I ordered a pair of the Poly shoes from ebay. Slightly better price, but, more importantly, they had them. All the big box stores around here are plum dry on snowblowers and snowblower parts.....we're breaking all kinds of snow records this year....yeah baby!!!


----------



## BLUEGUY (Nov 10, 2010)

The way the Roller Skids are made, I find it unlikely someone had one lock up. If so, it might of been defective from the get go.


----------



## mecheng10 (Jan 11, 2012)

*Poly Skid Shoes*

I prefer the poly skid shoes to rollers. I didn't like the cheap injection molded ones sold at the department stores so I bought some ultra high molecular weight polyethylene plastic and machined mine. They are solid thickness all the way through and double sided to last a long time. Pictures can be seen at the link below:

Magnitude Engineering


----------



## Oldphil (Dec 7, 2010)

The problem I found with rollers is they do mark asphalt when you turn, the edge of the roller gets sharp fairly quick. Having a very small contact area it concentrates the weight, I had to lift in turns to avoid the problem.
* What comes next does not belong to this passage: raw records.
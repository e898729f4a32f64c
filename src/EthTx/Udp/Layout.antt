-- ===== src/EthTx/Udp/Layout.antt =====
-- Writes into the scratch buffer of src/eth_tx.rs, one behind the other, and the words of the header.
use pico_10base_t_rs.Prelude.{
  ℕ, zero, suc, ◌+◌, ◌*◌, ◌≤◌, ◌≡◌, refl, ap, sym, ◌∙◌, List, [], ◌∷◌, ◌++◌, arith, length, drop,
  set, rd16, write_at, leb, true, AreBytes, get_or-append_left, get_or-append_right, length-append,
  byte,
}
use mathlib.Core.List.{append_assoc, append-nil}
use pico_10base_t_rs.Prelude.Checked.{ok}
use pico_10base_t_rs.EthTx.Udp.{sum_words, copy_at, header_words}

set-append : (xs ys : List ℕ) (y v : ℕ) → set (xs ++ (y ∷ ys)) (length xs) v ≡ xs ++ (v ∷ ys)
set-append [] ys y v = refl
set-append (x ∷ xs) ys y v = ap (λ l. x ∷ l) (set-append xs ys y v)

pub write_at-append :
    (zs xs ys : List ℕ)
    → length zs ≤ length ys
    → write_at (xs ++ ys) (length xs) zs ≡ xs ++ zs ++ drop (length zs) ys
unfolding write_at
write_at-append [] xs ys h = ap (λ l. l ++ ys) (sym (append-nil xs))
write_at-append (z ∷ zs) xs [] h = absurd (omega arith)
write_at-append (z ∷ zs) xs (y ∷ ys) h =
    let next : length xs + 1 ≡ length (xs ++ (z ∷ [])) = omega (arith, length-append xs (z ∷ [])) in
    ap (λ l. write_at l (length xs + 1) zs)
      (set-append xs ys y z ∙ sym (append_assoc xs (z ∷ []) ys))
    ∙ ap (λ k. write_at (xs ++ (z ∷ []) ++ ys) k zs) next
    ∙ write_at-append zs (xs ++ (z ∷ [])) ys (omega arith)
    ∙ ap (λ l. l ++ drop (length zs) ys) (append_assoc xs (z ∷ []) zs)

-- A write right behind what is there.
pub copy_at-append :
    (xs ys zs : List ℕ) (i : ℕ)
    → length xs ≡ i
    → length zs ≤ length ys
    → copy_at (xs ++ ys) i zs ≡ ok (xs ++ zs ++ drop (length zs) ys)
unfolding copy_at
copy_at-append xs ys zs i e h =
    let fits : leb (i + length zs) (length (xs ++ ys)) ≡ true =
      ground (arith, length-append xs ys) in
    rw (copy_at, fits)
      (ap (λ k. ok (write_at (xs ++ ys) k zs)) (sym e) ∙ ap ok (write_at-append zs xs ys h))

-- The words of a part of the buffer.
pub header_words-left :
    (n i : ℕ) (xs ys : List ℕ)
    → i + 2 * n ≤ length xs
    → header_words (xs ++ ys) n i ≡ header_words xs n i
header_words-left zero i xs ys h = refl
header_words-left (suc n) i xs ys h =
    let word : rd16 (xs ++ ys) i ≡ rd16 xs i = omega (
      arith,
      get_or-append_left xs ys i 0 (omega arith),
      get_or-append_left xs ys (i + 1) 0 (omega arith),
    ) in
    ap (λ w. w ∷ header_words (xs ++ ys) n (i + 2)) word
    ∙ ap (λ l. rd16 xs i ∷ l) (header_words-left n (i + 2) xs ys (omega arith))

pub header_words-right :
    (n i : ℕ) (xs ys : List ℕ) → header_words (xs ++ ys) n (length xs + i) ≡ header_words ys n i
header_words-right zero i xs ys = refl
header_words-right (suc n) i xs ys =
    let next : length xs + i + 1 ≡ length xs + (i + 1) = omega arith in
    let after_next : length xs + i + 2 ≡ length xs + (i + 2) = omega arith in
    let word : rd16 (xs ++ ys) (length xs + i) ≡ rd16 ys i = omega (
      arith,
      get_or-append_right xs ys i 0,
      ap (byte (xs ++ ys)) next,
      get_or-append_right xs ys (i + 1) 0,
    ) in
    ap (λ w. w ∷ header_words (xs ++ ys) n (length xs + i + 2)) word
    ∙ ap (λ k. rd16 ys i ∷ header_words (xs ++ ys) n k) after_next
    ∙ ap (λ l. rd16 ys i ∷ l) (header_words-right n (i + 2) xs ys)

pub header_words-split :
    (n m i : ℕ) (out : List ℕ)
    → header_words out (n + m) i ≡ header_words out n i ++ header_words out m (i + 2 * n)
header_words-split zero m i out =
    let a : 0 + m ≡ m = omega arith in
    let b : i + 2 * 0 ≡ i = omega arith in
    ap (λ k. header_words out k i) a ∙ ap (header_words out m) (sym b)
header_words-split (suc n) m i out =
    let a : suc n + m ≡ suc (n + m) = omega arith in
    let b : i + 2 + 2 * n ≡ i + 2 * suc n = omega arith in
    ap (λ k. header_words out k i) a
    ∙ ap (λ l. rd16 out i ∷ l) (header_words-split n m (i + 2) out)
    ∙ ap (λ k. header_words out (suc n) i ++ header_words out m k) b

pub sum_words-header_words :
    (n i : ℕ) (out : List ℕ) → AreBytes out → sum_words (header_words out n i) ≤ n * 65535
sum_words-header_words zero i out hb = omega arith
sum_words-header_words (suc n) i out hb =
    omega (arith, hb i, hb (i + 1), sum_words-header_words n (i + 2) out hb)

-- The ten words of a header around its checksum field.
pub header_words-field :
    (before rest : List ℕ) (i a b : ℕ)
    → length before ≡ i + 10
    → header_words (before ++ (a ∷ b ∷ rest)) 10 i
      ≡ header_words before 5 i ++ ((a * 256 + b) ∷ header_words rest 4 0)
header_words-field before rest i a b e =
    let all = before ++ (a ∷ b ∷ rest) in
    header_words-split 5 5 i all
    ∙ ap (λ l. l ++ header_words all 5 (i + 10))
        (header_words-left 5 i before (a ∷ b ∷ rest) (omega arith))
    ∙ ap (λ k. header_words before 5 i ++ header_words all 5 k) (field_at before i e)
    ∙ ap (λ l. header_words before 5 i ++ l) (header_words-right 5 0 before (a ∷ b ∷ rest))
    ∙ ap (λ l. header_words before 5 i ++ ((a * 256 + b) ∷ l))
        (header_words-right 4 0 (a ∷ b ∷ []) rest)
  where
    field_at : (before : List ℕ) (i : ℕ) → length before ≡ i + 10 → i + 10 ≡ length before + 0
    field_at before i e = omega arith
I have since chucked them and have gone back to my old skids with a new cheap twist. I picked up a small piece of 1/4" "Star Board", I ran it through my table saw and made it into 1-1/4" X 4". I use quick cure 5200 to glue them to my stock skids, the QC 5200 cures rock solid in 24 hours. The Star Board wears very well, when (after 1-1/2 season) they wear down then I just slap a new set on I have enough Star Board to last many years and have -0- scuffing. Quick Cure 5200 and Star Board can be bought at any marine supply, my total cost was about $65 for way more than a life time worth of fool proof non marking skid material.

Phil


----------